Sajid Javid? No – this is The Collector, from the Doctor Who serial The Sun Makers, but it’s an easy mistake to make. This charmer’s game was extorting taxes from human refugees who had fled the death of the sun to live under artificial heat sources on Pluto(!) – but revolution triggers a recession in which he literally shrinks down to nothing, disappearing into the commode he appears to be sitting on. If only Mr Javid would do the same!
They say the secret of great comedy is timing, and Sajid Javid’s speech lambasting Labour’s ability with the economy could not come at a better time – to make a fool of him.
Javid heads up the Department of Culture, Media and Sport – you know, the government organisation that offended everybody earlier this week by denying everybody but the Prime Minister a chance to write a personal message on the wreaths laid at a First World War centenary commemoration in Glasgow.
Having made one faux pas already this week, Javid was set to ram his foot even further down his own gullet with his speech knocking Labour.

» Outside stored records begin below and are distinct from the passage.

-- ===== src/NodeClass/Webhook/Again.antt =====
-- The defaults of the webhook, filled in twice, are those filled in once.
use mathlib.Core.Path.{ap₂}
use karpenter_provider_aliba.Prelude.{
  Bool, Bool-cases, Option, String, ap, if_intro, if◌then◌else◌, inl, inr, none, pos, refl, some,
  str_eq, ℤ, ◌∙◌, ◌≡◌,
}
use karpenter_provider_aliba.NodeClass.{EcsNodeClassSpec, MetadataOptions, SystemDiskSpec}
use karpenter_provider_aliba.NodeClass.Disks.{NormalizedDisks, NormalizedSystemDisk}
use karpenter_provider_aliba.NodeClass.Webhook.{
  default_metadata_options, default_preference, default_system_disk, fill_in, level_if_set,
}

level_again :
    (o : Option String) → elim o as (λ _. Option String) [ none ↦ o | some l ↦ some l ] ≡ o
level_again none = refl
level_again (some l) = refl

option_again :
    {A : Type 0} (o : Option A) (given : Option A)
    → elim (elim o as (λ _. Option A) [ none ↦ given | some x ↦ some x ]) as (λ _. Option A) [
      | none ↦ given
      | some x ↦ some x
    ]
      ≡ elim o as (λ _. Option A) [ none ↦ given | some x ↦ some x ]
option_again none none = refl
option_again none (some g) = refl
option_again (some x) given = refl

abbrev spec_of : String → Option ℤ → Option String → Option Bool → Option String → SystemDiskSpec
spec_of category size level encrypted key = record {
  category = category;
  size = size;
  performance_level = level;
  encrypted = encrypted;
  kms_key_id = key;
}

text_again :
    (s given : String)
    → (let t = if str_eq s "" then given else s in if str_eq t "" then given else t)
      ≡ (if str_eq s "" then given else s)
text_again s given = elim (Bool-cases (str_eq s "")) [
  | inl e ↦ rw e (if_intro (λ t. t ≡ given) (str_eq given "") given given (λ _. refl) (λ _. refl))
  | inr e ↦ rw (e, e) refl
]

default_system_disk_again :
    (n : NormalizedSystemDisk) (disk : Option SystemDiskSpec)
    → default_system_disk n (some (default_system_disk n disk)) ≡ default_system_disk n disk
unfolding default_system_disk
default_system_disk_again n none =
    ap₂ (λ c l. spec_of c (some n.size) l none none)
      (if_intro (λ t. t ≡ n.category) (str_eq n.category "") _ _ (λ _. refl) (λ _. refl))
      (level_again (level_if_set n.performance_level))
default_system_disk_again n (some disk) =
    ap₂ (λ c (x : Option ℤ × Option String). spec_of c x.0 x.1 disk.encrypted disk.kms_key_id)
      (text_again disk.category n.category)
      (ap₂ (λ size level. (size, level)) (option_again disk.size (some n.size))
        (option_again disk.performance_level (level_if_set n.performance_level)))

default_metadata_options_again :
    (o : Option MetadataOptions)
    → default_metadata_options (default_metadata_options o) ≡ default_metadata_options o
unfolding default_metadata_options
default_metadata_options_again none = refl
default_metadata_options_again (some opts) =
    ap₂ (λ t h. some (record opts { http_tokens = t; http_put_response_hop_limit = h }))
      (text_again opts.http_tokens "optional")
      (option_again opts.http_put_response_hop_limit (some (pos 1)))

abbrev rebuilt :
    EcsNodeClassSpec → SystemDiskSpec → Option MetadataOptions → Option String → EcsNodeClassSpec
rebuilt spec disk opts preference = record spec {
  system_disk = some disk;
  metadata_options = opts;
  capacity_reservation_preference = preference;
}

pub fill_in_again :
    (n : NormalizedDisks) (spec : EcsNodeClassSpec) → fill_in n (fill_in n spec) ≡ fill_in n spec
unfolding fill_in
fill_in_again n spec =
    let disk = default_system_disk n.system_disk spec.system_disk in
    let opts = default_metadata_options spec.metadata_options in
    let preference = default_preference spec.capacity_reservation_preference in
    ap (λ d. rebuilt spec d (default_metadata_options opts) (default_preference preference))
      (default_system_disk_again n.system_disk spec.system_disk)
    ∙ (ap (λ o. rebuilt spec disk o (default_preference preference))
          (default_metadata_options_again spec.metadata_options)
        ∙ ap (λ p. rebuilt spec disk opts p)
            (preference_again spec.capacity_reservation_preference))
  where
    preference_again :
        (p : Option String) → default_preference (default_preference p) ≡ default_preference p
    preference_again none = refl
    preference_again (some p) = refl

According to the Telegraph, he was planning to say that Labour’s “basic instinct” is to spend money, the party’s economic policies will leave Britain £500 billion worse-off, and this will be the equivalent of two-thirds of national income in 2035, while the Conservative approach would make it the equivalent of one-third of GDP.
The speech met with scorn before it was even made, over on alittleecon. In an article headlined Tory Minister Sajid Javid plucks some numbers out of his arse, author Alex Little pointed out:
- Sajid Javid does not understand economics; national debt is merely an indicator of how much a government wants the economy to be funded by the private sector or the public. As government debt is issued in the form of bonds, all of it represents somebody else’s savings and more government debt means more private savings, while the economy is funded by the public sector.
- Whether a low debt-to-GDP ratio is better than a higher one depends entirely on how it has been achieved. A fast-growing, dynamic economy can have a high level of government debt, while a slow-growing economy could have a very low debt-to-GDP ratio.
- His timescale covers the next 20 years, making his claim a nonsense from the start. The electoral cycle is only five years so, for Labour to win in 2015 and continue winning until the date Mr Javid uses, they’d have to be doing something right!
- Of course, Labour has not produced any spending plans yet and, when they arrive, the totals are unlikely to be hugely different from the Tories’ (although the way the money is used may differ greatly). So Mr Javid has (as Mr Little rather indelicately puts it) plucked some numbers out of his arse.
Mr Javid’s week is going very well – he has ruined a major ceremony with the behaviour of a schoolboy, then followed it up by showing that his understanding of economics – wasn’t he Financial Secretary to the Treasury before moving to the DCMS? Coupled with George Osborne as Chancellor, this could explain much – is worse than that of a schoolboy. And it’s only Wednesday.
Let’s all hope he goes for the hat trick.